- _Data records_:

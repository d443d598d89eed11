-- ===== src/Validate/Load.antt =====
-- The loaders of the external registries in tools/validate.py: build_ticker_isin_index,
-- load_identifiers_registry, load_iso4217_registry and load_exchange_calendar_registry, on files
-- that are read.
pub mod Index
use corporate_actions.Prelude.{
  ℕ, String, Bool, true, false, not, ◌&&◌, ◌||◌, Option, none, some, List, [], ◌∷◌, ◌++◌, any, all,
  ◌==◌, if◌then◌else◌,
}
use corporate_actions.Prelude.Text.{given, is_some, upper, str_ne}
use corporate_actions.Registry.Queries as Queries
use corporate_actions.Registry.Queries.{find_listing, put_listing}
use corporate_actions.Validate.Unique.{member}

-- an object of a registry's list; `mic` and `code` tell a missing key from null
pub record Item : Type 0 where
  pub isin : Option String
  pub ticker : Option String
  pub mic : Option (Option String)
  pub code : Option (Option String)

-- a value of a registry's top object; an element of a list that is no object is `none`
pub data Content : Type 0 where
  items : List (Option Item) → Content
  other : Content

abbrev pub Document : Type 0
Document = List (String × Content)

-- the set that `add` fills, as a list
abbrev pub add : Option String → List String → List String
add x others = elim (given x) [ none ↦ others | some s ↦ s ∷ others ]

unfoldable pub isins_of : List (Option Item) → List String
isins_of [] = []
isins_of (none ∷ rest) = isins_of rest
isins_of (some i ∷ rest) = add i.isin (isins_of rest)

-- `data[key]`, where it is a list
unfoldable pub list_at : String → Document → Option (List (Option Item))
list_at key [] = none
list_at key ((k, other) ∷ rest) = let later = list_at key rest in if k == key then none else later
list_at key ((k, items xs) ∷ rest) =
    let later = list_at key rest in if k == key then some xs else later

-- the list under the first of some keys that has one
unfoldable pub first_list : List String → Document → Option (List (Option Item))
unfolding list_at
first_list [] d = none
first_list (key ∷ keys) d = elim (list_at key d) [ none ↦ first_list keys d | some xs ↦ some xs ]

abbrev pub common_keys : List String
common_keys = "instruments" ∷ "identifiers" ∷ "securities" ∷ []

abbrev pub are_objects : List (Option Item) → Bool
are_objects [] = true
are_objects (none ∷ rest) = false
are_objects (some i ∷ rest) = are_objects rest

-- an object of the list passes a test
abbrev pub has_such : (Item → Bool) → List (Option Item) → Bool
has_such test [] = false
has_such test (none ∷ rest) = has_such test rest
has_such test (some i ∷ rest) = test i || has_such test rest

-- the fallback: the first list that is not empty, holds objects alone, and one that passes a test
unfoldable pub fallback_list : (Item → Bool) → Document → Option (List (Option Item))
fallback_list test [] = none
fallback_list test ((k, other) ∷ rest) = fallback_list test rest
fallback_list test ((k, items xs) ∷ rest) =
    let later = fallback_list test rest in
    if are_objects xs && has_such test xs then some xs else later

abbrev pub or_list :
    Option (List (Option Item)) → Option (List (Option Item)) → Option (List (Option Item))
or_list none y = y
or_list (some x) y = some x

unfoldable pub load_identifiers_registry : Document → List String
unfolding isins_of first_list fallback_list
load_identifiers_registry d =
    elim (or_list (first_list common_keys d) (fallback_list (λ i. is_some (given i.isin)) d)) [
      | none ↦ []
      | some xs ↦ isins_of xs
    ]

-- the codes of `currencies.active`; `none` is RegistryLoadError, here and below
unfoldable pub codes_of : List (Option Item) → List String
codes_of [] = []
codes_of (none ∷ rest) = codes_of rest
codes_of (some i ∷ rest) =
    let others = codes_of rest in elim i.code [ none ↦ others | some c ↦ add c others ]

unfoldable pub load_iso4217_registry : Option Content → Option (List String)
unfolding codes_of
load_iso4217_registry none = none
load_iso4217_registry (some other) = none
load_iso4217_registry (some (items active)) = some (codes_of active)

-- `exch.get("mic") or exch.get("code")`
abbrev pub value_of : Option (Option String) → Option String
value_of none = none
value_of (some v) = v

abbrev pub mic_or_code : Item → Option String
mic_or_code i = elim (given (value_of i.mic)) [ none ↦ value_of i.code | some m ↦ some m ]

unfoldable pub mics_of : List (Option Item) → List String
mics_of [] = []
mics_of (none ∷ rest) = mics_of rest
mics_of (some i ∷ rest) = add (mic_or_code i) (mics_of rest)

abbrev pub has_key : {A : Type 0} → Option A → Bool
has_key none = false
has_key (some x) = true

unfoldable pub load_exchange_calendar_registry : Document → Option (List String)
unfolding list_at fallback_list mics_of
load_exchange_calendar_registry d =
    elim (or_list (list_at "exchanges" d)
      (fallback_list (λ i. has_key i.mic || has_key i.code) d)) [
        | none ↦ none
        | some [] ↦ none
        | some (x ∷ xs) ↦ some (mics_of (x ∷ xs))
      ]

-- one round of `build_ticker_isin_index`: `none` is the ValueError on two ISINs for one listing
unfoldable pub index_listing : Queries.Instrument → Queries.Index → Option Queries.Index
unfolding find_listing put_listing upper
index_listing i index = elim (given i.ticker) [
  | none ↦ some index
  | some t ↦ elim (given i.exchange) [
    | none ↦ some index
    | some x ↦ elim (given i.isin) [
      | none ↦ some index
      | some isin ↦ elim (find_listing (upper t, upper x) index) [
        | none ↦ some (put_listing (upper t, upper x) isin index)
        | some old ↦ if old == isin then some (put_listing (upper t, upper x) isin index) else none
      ]
    ]
  ]
]

unfoldable pub build_ticker_isin_index :
    List Queries.Instrument → Queries.Index → Option Queries.Index
unfolding index_listing
build_ticker_isin_index [] index = some index
build_ticker_isin_index (i ∷ rest) index = elim (index_listing i index) [
  | none ↦ none
  | some next ↦ build_ticker_isin_index rest next
]
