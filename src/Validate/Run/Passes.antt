-- ===== src/Validate/Run/Passes.antt =====
-- The validator exits with 0 exactly when every layer passes.
use corporate_actions.Prelude.{
  inl, inr, ℕ, ◌≤◌, ◌≡◌, refl, sym, ap, ◌∙◌, ◌↔◌, Bool, true, false, some, List, [], ◌∷◌, ◌++◌, map,
  report, length, ltb, arith, All, append-nil_iff, Option-cases, some_inj, none≢some,
}
use corporate_actions.Floats.{Floats}
use corporate_actions.Model.{Action}
use corporate_actions.Validate.Temporal.{validate_temporal}
use corporate_actions.Validate.Arithmetic.{ArithmeticError, validate_arithmetic}
use corporate_actions.Validate.ActionId.{validate_action_id_format}
use corporate_actions.Validate.References.{
  ReferenceError, Registries, validate_cross_reference, validate_provenance,
  validate_redistribution,
}
use corporate_actions.Validate.Unique.{
  Distinct, ids_of, validate_uniqueness, validate_uniqueness-nil_iff,
}
use corporate_actions.Validate.Semantic.{validate_semantic_uniqueness}
use corporate_actions.Validate.Semantic.Groups.{no_twins, validate_semantic_uniqueness-nil_iff}
use corporate_actions.Validate.Run.{
  is_allowed, warnings_after, LayerError, schema, temporal, arithmetic, id_format, reference,
  provenance, redistribution, duplicate_id, duplicate_event, coverage, finished, Setup,
  early_errors, late_errors, validate_each, registry_errors, add_errors, validate_actions,
  exit_code,
}

map-nil_iff {ℓ κ} :
    {A : Type ℓ} {B : Type κ} (f : A → B) (xs : List A) → (map f xs ≡ []) ↔ (xs ≡ [])
map-nil_iff f [] = (λ _. refl, λ _. refl)
map-nil_iff f (x ∷ xs) = ground arith

report-nil_iff {ℓ} : {E : Type ℓ} (b : Bool) (e : E) → (report b e ≡ []) ↔ (b ≡ false)
report-nil_iff true e = ground arith
report-nil_iff false e = ground arith

map-append-nil {ℓ κ} :
    {A : Type ℓ} {B : Type κ} (f : A → B) (xs : List A) (ys : List B)
    → (map f xs ++ ys ≡ []) ↔ ((xs ≡ []) × (ys ≡ []))
map-append-nil f [] ys = ground arith
map-append-nil f (x ∷ xs) ys = ground arith

four_maps-nil :
    {A B C E D : Type 0} (f : A → D) (g : B → D) (h : C → D) (k : E → D) (xs : List A) (ys : List B)
    (zs : List C) (ws : List E)
    → (map f xs ++ (map g ys ++ (map h zs ++ map k ws)) ≡ [])
      ↔ ((xs ≡ []) × (ys ≡ []) × (zs ≡ []) × (ws ≡ []))
four_maps-nil f g h k xs ys zs ws = ground (
  arith,
  map-append-nil f xs (map g ys ++ (map h zs ++ map k ws)),
  map-append-nil g ys (map h zs ++ map k ws),
  map-append-nil h zs (map k ws),
  map-nil_iff k ws,
)

1≢0 : ◌≡◌ {A = ℕ} 1 0 → ⊥
1≢0 h = cc

-- the errors of the cross-reference layer do not depend on the warnings collected before
module _ {N : Type 0} (known : Registries) (strict : Bool) (a : Action N) where
  cross_errors-warnings :
      (w : List ReferenceError)
      → (validate_cross_reference known strict (some w) a).0
        ≡ (validate_cross_reference known strict (some []) a).0
  unfolding validate_cross_reference
  cross_errors-warnings w = ground arith

module _ (F : Floats) (S : Type 0) (s : Setup F S) where
  open F use {Num}

  -- One action passes every layer that looks at it alone.
  pub record IsSound (a : Action Num) : Type 0 where
    pub allowed : is_allowed a.action_type ≡ true
    pub fits_schema : s.schema_errors a ≡ []
    pub timely : validate_temporal a ≡ []
    pub computes : validate_arithmetic F a ≡ some []
    pub identified : validate_action_id_format F a ≡ []
    pub refers : (validate_cross_reference s.known s.strict_isin (some []) a).0 ≡ []
    pub sourced : validate_provenance a ≡ []
    pub redistributed : validate_redistribution a ≡ []

  abbrev Error : Type 0
  Error = LayerError F S

  early_errors-nil :
      (a : Action Num)
      → (early_errors F S s a ≡ []) ↔ (
          (is_allowed a.action_type ≡ true) × (s.schema_errors a ≡ []) × (validate_temporal a ≡ []))
  unfolding early_errors
  early_errors-nil a = ground (
    arith,
    map-nil_iff {B = Error} schema (s.schema_errors a),
    map-nil_iff {B = Error} temporal (validate_temporal a),
    append-nil_iff (map {B = Error} schema (s.schema_errors a))
        (map {B = Error} temporal (validate_temporal a)),
  )

  late_errors-nil :
      (w : List ReferenceError) (a : Action Num)
      → (late_errors F S s w a ≡ []) ↔ (
          (validate_action_id_format F a ≡ [])
          × ((validate_cross_reference s.known s.strict_isin (some []) a).0 ≡ [])
          × (validate_provenance a ≡ [])
          × (validate_redistribution a ≡ []))
  unfolding late_errors
  late_errors-nil w a =
      rw (cross_errors-warnings s.known s.strict_isin a w, late_errors)
        (four_maps-nil {D = Error} id_format reference provenance redistribution
          (validate_action_id_format F a)
          (validate_cross_reference s.known s.strict_isin (some []) a).0 (validate_provenance a)
          (validate_redistribution a))

  registry_errors-nil :
      (actions : List (Action Num))
      → (registry_errors F S s actions ≡ []) ↔ (
          Distinct (ids_of actions)
          × (no_twins F actions ≡ true)
          × (s.min_actions ≤ length actions))
  unfolding registry_errors
  registry_errors-nil actions = ground (
    arith,
    validate_uniqueness-nil_iff actions,
    validate_semantic_uniqueness-nil_iff F actions,
    map-nil_iff {B = Error} duplicate_id (validate_uniqueness actions),
    map-nil_iff {B = Error} duplicate_event (validate_semantic_uniqueness F actions),
    append-nil_iff (map {B = Error} duplicate_id (validate_uniqueness actions)) (
        map {B = Error} duplicate_event (validate_semantic_uniqueness F actions)
        ++ report {A = Error} (ltb (length actions) s.min_actions) (coverage (length actions))),
    append-nil_iff (map {B = Error} duplicate_event (validate_semantic_uniqueness F actions))
        (report {A = Error} (ltb (length actions) s.min_actions) (coverage (length actions))),
  )

  exit_code-zero_iff :
      (errors : List Error) (w : List ReferenceError)
      → (exit_code F S (finished errors w) ≡ 0) ↔ (errors ≡ [])
  unfolding exit_code
  exit_code-zero_iff [] w = ground arith
  exit_code-zero_iff (e ∷ errors) w = ground arith

  IsSound-iff :
      (a : Action Num) (found : List ArithmeticError) (w : List ReferenceError)
      → validate_arithmetic F a ≡ some found
      → (early_errors F S s a ++ (map {B = Error} arithmetic found ++ late_errors F S s w a) ≡ [])
        ↔ IsSound a
  IsSound-iff a found w h = (
    λ e.
        let (early, now, late) = three_parts.0 e in
        let (allowed, fits, timely) = (early_errors-nil a).0 early in
        let (identified, refers, sourced, redistributed) = (late_errors-nil w a).0 late in
        record {
          allowed = allowed;
          fits_schema = fits;
          timely = timely;
          computes = h ∙ ap some now;
          identified = identified;
          refers = refers;
          sourced = sourced;
          redistributed = redistributed;
        },
    λ r. three_parts.1 (
      (early_errors-nil a).1 (r.allowed, r.fits_schema, r.timely),
      some_inj (sym h ∙ r.computes),
      (late_errors-nil w a).1 (r.identified, r.refers, r.sourced, r.redistributed),
    ),
  )
    where
      three_parts :
          (early_errors F S s a ++ (map {B = Error} arithmetic found ++ late_errors F S s w a) ≡ [])
          ↔ ((early_errors F S s a ≡ []) × (found ≡ []) × (late_errors F S s w a ≡ []))
      three_parts = ground (
        arith,
        append-nil_iff (early_errors F S s a)
            (map {B = Error} arithmetic found ++ late_errors F S s w a),
        map-append-nil {B = Error} arithmetic found (late_errors F S s w a),
      )

  exit_code-validate_each :
      (actions : List (Action Num)) (more errors : List Error) (w : List ReferenceError)
      → (exit_code F S (add_errors F S more (validate_each F S s actions errors w)) ≡ 0)
        ↔ ((errors ≡ []) × All IsSound actions × (more ≡ []))
  unfolding validate_each exit_code
  exit_code-validate_each [] more errors w =
      ground (arith, exit_code-zero_iff (errors ++ more) w, append-nil_iff errors more)
  exit_code-validate_each (a ∷ rest) more errors w = elim (Option-cases (validate_arithmetic F a)) [
    | inl e ↦
        rw (e, validate_each)
          (λ h. absurd (1≢0 h), λ r. absurd (none≢some (sym e ∙ r.1.0.computes)))
    | inr (found, e) ↦
        let now =
          early_errors F S s a ++ (map {B = Error} arithmetic found ++ late_errors F S s w a) in
        let ih =
          exit_code-validate_each rest more (errors ++ now)
            (warnings_after (validate_cross_reference s.known s.strict_isin (some w) a).1) in
        let sound = IsSound-iff a found w e in
        let parts = append-nil_iff errors now in
        rw (e, validate_each)
          (
            λ h. let (x, y, z) = ih.0 h in let (p, q) = parts.0 x in (p, (sound.0 q, y), z),
            λ (p, (q, y), z). ih.1 (parts.1 (p, sound.1 q), y, z),
          )
  ]

  -- The validator exits with 0 exactly when every action passes every layer of its own, the given
  -- action_ids are distinct, no action describes the event of a later one, and there are as many
  -- actions as required.
  pub exit_code-validate_actions :
      (actions : List (Action Num))
      → (exit_code F S (validate_actions F S s actions) ≡ 0) ↔ (
          All IsSound actions
          × Distinct (ids_of actions)
          × (no_twins F actions ≡ true)
          × (s.min_actions ≤ length actions))
  unfolding validate_actions
  exit_code-validate_actions actions =
      let all = exit_code-validate_each actions (registry_errors F S s actions) [] [] in
      let whole = registry_errors-nil actions in
      (
        λ h.
            let (_, sound, r) = all.0 h in
            let (ids, events, size) = whole.0 r in (sound, ids, events, size),
        λ (sound, ids, events, size). all.1 (refl, sound, whole.1 (ids, events, size)),
      )
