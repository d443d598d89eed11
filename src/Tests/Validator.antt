-- ===== src/Tests/Validator.antt =====
-- The validator and the ratio texts on sample data.
use corporate_actions.Registry.Queries.{Instrument}
use corporate_actions.Validate.Load.{
  Item, items, other, load_identifiers_registry, load_exchange_calendar_registry,
  build_ticker_isin_index,
}
use corporate_actions.Prelude.Text.{codes}
use corporate_actions.Prelude.{◌≡◌, ◌↔◌, refl, ◌≤◌, String, true, none, some, [], ◌∷◌, All, length}
use corporate_actions.Tests.Sample.{
  fixed_point, split_action, split_dates, dividend_action, twin_action, setup, actions,
}
use corporate_actions.Ratio.{matches_ratio, parse_ratio, show}
use corporate_actions.Validate.ActionId.{validate_action_id_format}
use corporate_actions.Validate.References.{
  validate_cross_reference, validate_provenance, validate_redistribution,
}
use corporate_actions.Ratio.Parse.{parse_ratio-show}
use corporate_actions.Validate.Temporal.{validate_temporal}
use corporate_actions.Validate.Temporal.Chain.{IsTimely, validate_temporal-nil_iff}
use corporate_actions.Validate.Unique.{
  ids_of, Distinct, validate_uniqueness, validate_uniqueness-nil_iff,
}
use corporate_actions.Validate.Semantic.{validate_semantic_uniqueness}
use corporate_actions.Validate.Semantic.Groups.{no_twins, validate_semantic_uniqueness-nil_iff}
use corporate_actions.Validate.Arithmetic.{validate_arithmetic}
use corporate_actions.Validate.Run.{validate_actions, exit_code}
use corporate_actions.Validate.Run.Passes.{IsSound, exit_code-validate_actions}

accepts_sample :
    exit_code fixed_point String (validate_actions fixed_point String setup actions) ≡ 0
unfolding exit_code validate_actions validate_arithmetic validate_temporal matches_ratio
    validate_action_id_format validate_cross_reference validate_provenance validate_redistribution
    validate_uniqueness validate_semantic_uniqueness
accepts_sample = refl

rejects_twins :
    exit_code fixed_point String
      (validate_actions fixed_point String setup (dividend_action ∷ twin_action ∷ []))
    ≡ 1
unfolding exit_code validate_actions validate_arithmetic validate_temporal matches_ratio
    validate_action_id_format validate_cross_reference validate_provenance validate_redistribution
    validate_uniqueness validate_semantic_uniqueness
rejects_twins = refl

exit_code-validate_actions_example :
    (exit_code fixed_point String (validate_actions fixed_point String setup actions) ≡ 0) ↔ (
      All (IsSound fixed_point String setup) actions
      × Distinct (ids_of actions)
      × (no_twins fixed_point actions ≡ true)
      × (2 ≤ length actions))
exit_code-validate_actions_example = exit_code-validate_actions fixed_point String setup actions

validate_temporal-nil_iff_example :
    (validate_temporal split_action ≡ []) ↔ IsTimely "SPLIT" split_dates
validate_temporal-nil_iff_example = validate_temporal-nil_iff split_action "SPLIT" refl

validate_uniqueness-nil_iff_example : (validate_uniqueness actions ≡ []) ↔ Distinct (ids_of actions)
validate_uniqueness-nil_iff_example = validate_uniqueness-nil_iff actions

validate_semantic_uniqueness-nil_iff_example :
    (validate_semantic_uniqueness fixed_point (dividend_action ∷ twin_action ∷ []) ≡ [])
    ↔ (no_twins fixed_point (dividend_action ∷ twin_action ∷ []) ≡ true)
validate_semantic_uniqueness-nil_iff_example =
    validate_semantic_uniqueness-nil_iff fixed_point (dividend_action ∷ twin_action ∷ [])

parse_ratio-show_example : parse_ratio (some "10:3") ≡ some (10, 3)
unfolding show
parse_ratio-show_example = parse_ratio-show 10 3 "10:3" refl

abbrev no_item : Item
no_item = record { isin = none; ticker = none; mic = none; code = none }

-- the first key is no list, and the second one is taken
loaded_isins :
    load_identifiers_registry (
      ("instruments", other)
      ∷ ("identifiers", items (none ∷ some (record no_item { isin = some "US0378331005" }) ∷ []))
      ∷ [])
    ≡ "US0378331005" ∷ []
unfolding load_identifiers_registry
loaded_isins = refl

-- a list under another key, whose first element has no code
loaded_mics :
    load_exchange_calendar_registry (
      ("meta", other)
      ∷ ("rows", items (some no_item ∷ some (record no_item { code = some (some "XNYS") }) ∷ []))
      ∷ [])
    ≡ some ("XNYS" ∷ [])
unfolding load_exchange_calendar_registry
loaded_mics = refl

abbrev listed : String → Instrument
listed isin = record { ticker = some "aapl"; exchange = some "XNAS"; isin = some isin }

-- two ISINs for one listing are a ValueError, and a repetition is none
conflicting_listings :
    build_ticker_isin_index (listed "US0378331005" ∷ listed "US5949181045" ∷ []) [] ≡ none
unfolding build_ticker_isin_index
conflicting_listings = refl

repeated_listing :
    build_ticker_isin_index (listed "US0378331005" ∷ listed "US0378331005" ∷ []) []
    ≡ some (((codes "AAPL", codes "XNAS"), "US0378331005") ∷ [])
unfolding build_ticker_isin_index
repeated_listing = refl
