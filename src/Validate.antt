-- ===== src/Validate.antt =====
-- tools/validate.py: the layers of the validator, one module each.
pub mod Temporal
pub mod Unique
pub mod Semantic
pub mod Arithmetic
pub mod References
pub mod ActionId
pub mod Load
pub mod Run
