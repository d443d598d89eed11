-- ===== src/Validate/Load/Index.antt =====
-- The ticker index of the validator and the one of the Python registry.
use corporate_actions.Prelude.{
  ◌≡◌, some, List, [], ◌∷◌, arith, Option-cases, inl, inr, some_inj, none≢some,
}
use corporate_actions.Prelude.Text.{given, upper}
use corporate_actions.Registry.Queries.{
  Instrument, Index, find_listing, index_instrument, build_ticker_index,
}
use corporate_actions.Validate.Load.{index_listing, build_ticker_isin_index}

index_listing-same :
    (i : Instrument) (index next : Index)
    → index_listing i index ≡ some next
    → index_instrument i index ≡ next
unfolding index_listing index_instrument
index_listing-same i index next h = elim (Option-cases (given i.ticker)) [
  | inl e ↦ ground (arith, e, h)
  | inr (t, e) ↦ elim (Option-cases (given i.exchange)) [
    | inl f ↦ ground (arith, e, f, h)
    | inr (x, f) ↦ elim (Option-cases (given i.isin)) [
      | inl g ↦ ground (arith, e, f, g, h)
      | inr (isin, g) ↦ elim (Option-cases (find_listing (upper t, upper x) index)) [
        | inl k ↦ ground (arith, e, f, g, k, h)
        | inr (old, k) ↦ ground (arith, e, f, g, k, h)
      ]
    ]
  ]
]

-- Where the validator builds its index without an error, the Python registry builds the same one.
pub build_ticker_isin_index-same :
    (instruments : List Instrument) (index built : Index)
    → build_ticker_isin_index instruments index ≡ some built
    → build_ticker_index instruments index ≡ built
unfolding build_ticker_isin_index build_ticker_index
build_ticker_isin_index-same [] index built h = some_inj h
build_ticker_isin_index-same (i ∷ rest) index built h =
    elim (Option-cases (index_listing i index)) [
      | inl e ↦ absurd (none≢some (rw (e, build_ticker_isin_index) at h))
      | inr (next, e) ↦
          rw (index_listing-same i index next e, build_ticker_index)
            (build_ticker_isin_index-same rest next built (rw (e, build_ticker_isin_index) at h))
    ]
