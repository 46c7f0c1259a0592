-- ===== src/Packet/Numbers/Outcome.antt =====
-- Lemmas on a return of a number that succeeds (internal/packetissuance/transitions.go).
use chrono_desk.Text.Decimal.{valid_assigned_bib}
use chrono_desk.Packet.Numbers.{apply_return_to_reserve, reserve_target}
use chrono_desk.Packet.Validate.Blank.{empty_reserve_facts}
use chrono_desk.Packet.Validate.{empty_reserve, require_assigned, require_editable}
use chrono_desk.Packet.Rows.{change, find_row}
use chrono_desk.Prelude.{
  Bool, List, Option, [], arith, false, none, not, some, true, ◌&&◌, ◌||◌, ◌∷◌, ◌≡◌,
}
use chrono_desk.Prelude.Classes.{string_eq, eq_iff, ◌==◌}
use chrono_desk.Packet.Model.{
  registration_eq, status_eq, >>=-eq-ok, Change, Command, Person, Registration, Result, err,
  fail_if-eq-ok, ok,
}

pub record Returned (rows : List Registration) (source : Registration) (command : Command)
    (changes : List Change) : Type 0 where
  pub target : Registration
  pub found : find_row command.target_id rows ≡ some target
  pub editable : require_editable source ≡ ok tt
  pub owned : source.reserve ≡ false
  pub accepted : valid_assigned_bib command.bib ≡ true
  pub own_number :
      (not (source.bib == command.bib) && not (source.bib == "" && not (source.epc == ""))) ≡ false
  pub other_row : (target.id == source.id) ≡ false
  pub same_event : target.event_id ≡ source.event_id
  pub vacant : target.person ≡ none
  pub no_evidence : target.has_timing_evidence ≡ false
  pub result :
      changes
      ≡ change source (record source { bib = ""; epc = ""; issued = false })
        ∷ change target (record target { bib = command.bib; epc = source.epc; reserve = true })
        ∷ []

blank_target :
    (o : Option Registration) (empty : Result Registration) (source : Registration)
    {target : Registration}
    → reserve_target o empty source ≡ ok target
    → (o ≡ some target) × ((target.id == source.id) ≡ false) × (empty ≡ ok target)
unfolding reserve_target
blank_target none empty source h = cc
blank_target (some t) (err e) source h = cc
blank_target (some t) (ok empty) source h = ground (arith, eq_iff t empty)

assigned_not_reserve :
    (source : Registration) {p : Person} → require_assigned source ≡ ok p → source.reserve ≡ false
unfolding require_assigned
assigned_not_reserve source h = ground arith

two_checks : (a b : Bool) → (not a || b) ≡ false → (a ≡ true) × (b ≡ false)
two_checks a b h = ground arith

pub Returned-apply_return_to_reserve :
    (rows : List Registration) (source : Registration) (command : Command) {changes : List Change}
    → apply_return_to_reserve rows source command ≡ ok changes
    → Returned rows source command changes
unfolding apply_return_to_reserve
Returned-apply_return_to_reserve rows source command h =
    let (_, e0, h0) = >>=-eq-ok (require_editable source) _ h in
    let (p, e1, h1) = >>=-eq-ok (require_assigned source) _ h0 in
    let (_, e2, h2) = >>=-eq-ok _ _ h1 in
    let (target, e3, h3) =
      >>=-eq-ok
        (reserve_target (find_row command.target_id rows) (empty_reserve command source) source) _
        h2 in
    let (found, other, empty) = blank_target _ _ source e3 in
    let (c1, c2) = two_checks _ _ (fail_if-eq-ok _ _ e2) in
    let (b1, b2, b3) = empty_reserve_facts command source empty in
    record {
      target = target;
      found = found;
      editable = e0;
      owned = assigned_not_reserve source e1;
      accepted = c1;
      own_number = c2;
      other_row = other;
      same_event = b1;
      vacant = b2;
      no_evidence = b3;
      result = cc h3;
    }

- _Problem details_: Copy, exactly and only, the lines above that begin with the one containing "map-append-nil h zs" and finish with the one containing "(validate_action_id_format F a ≡".

- _Task response_:
  map-append-nil h zs (map k ws),
  map-nil_iff k ws,
)

1≢0 : ◌≡◌ {A = ℕ} 1 0 → ⊥
1≢0 h = cc

-- the errors of the cross-reference layer do not depend on the warnings collected before
module _ {N : Type 0} (known : Registries) (strict : Bool) (a : Action N) where
  cross_errors-warnings :
      (w : List ReferenceError)
      → (validate_cross_reference known strict (some w) a).0
        ≡ (validate_cross_reference known strict (some []) a).0
  unfolding validate_cross_reference
  cross_errors-warnings w = ground arith

module _ (F : Floats) (S : Type 0) (s : Setup F S) where
  open F use {Num}

  -- One action passes every layer that looks at it alone.
  pub record IsSound (a : Action Num) : Type 0 where
    pub allowed : is_allowed a.action_type ≡ true
    pub fits_schema : s.schema_errors a ≡ []
    pub timely : validate_temporal a ≡ []
    pub computes : validate_arithmetic F a ≡ some []
    pub identified : validate_action_id_format F a ≡ []
    pub refers : (validate_cross_reference s.known s.strict_isin (some []) a).0 ≡ []
    pub sourced : validate_provenance a ≡ []
    pub redistributed : validate_redistribution a ≡ []

  abbrev Error : Type 0
  Error = LayerError F S

  early_errors-nil :
      (a : Action Num)
      → (early_errors F S s a ≡ []) ↔ (
          (is_allowed a.action_type ≡ true) × (s.schema_errors a ≡ []) × (validate_temporal a ≡ []))
  unfolding early_errors
  early_errors-nil a = ground (
    arith,
    map-nil_iff {B = Error} schema (s.schema_errors a),
    map-nil_iff {B = Error} temporal (validate_temporal a),
    append-nil_iff (map {B = Error} schema (s.schema_errors a))
        (map {B = Error} temporal (validate_temporal a)),
  )

  late_errors-nil :
      (w : List ReferenceError) (a : Action Num)
      → (late_errors F S s w a ≡ []) ↔ (
          (validate_action_id_format F a ≡ [])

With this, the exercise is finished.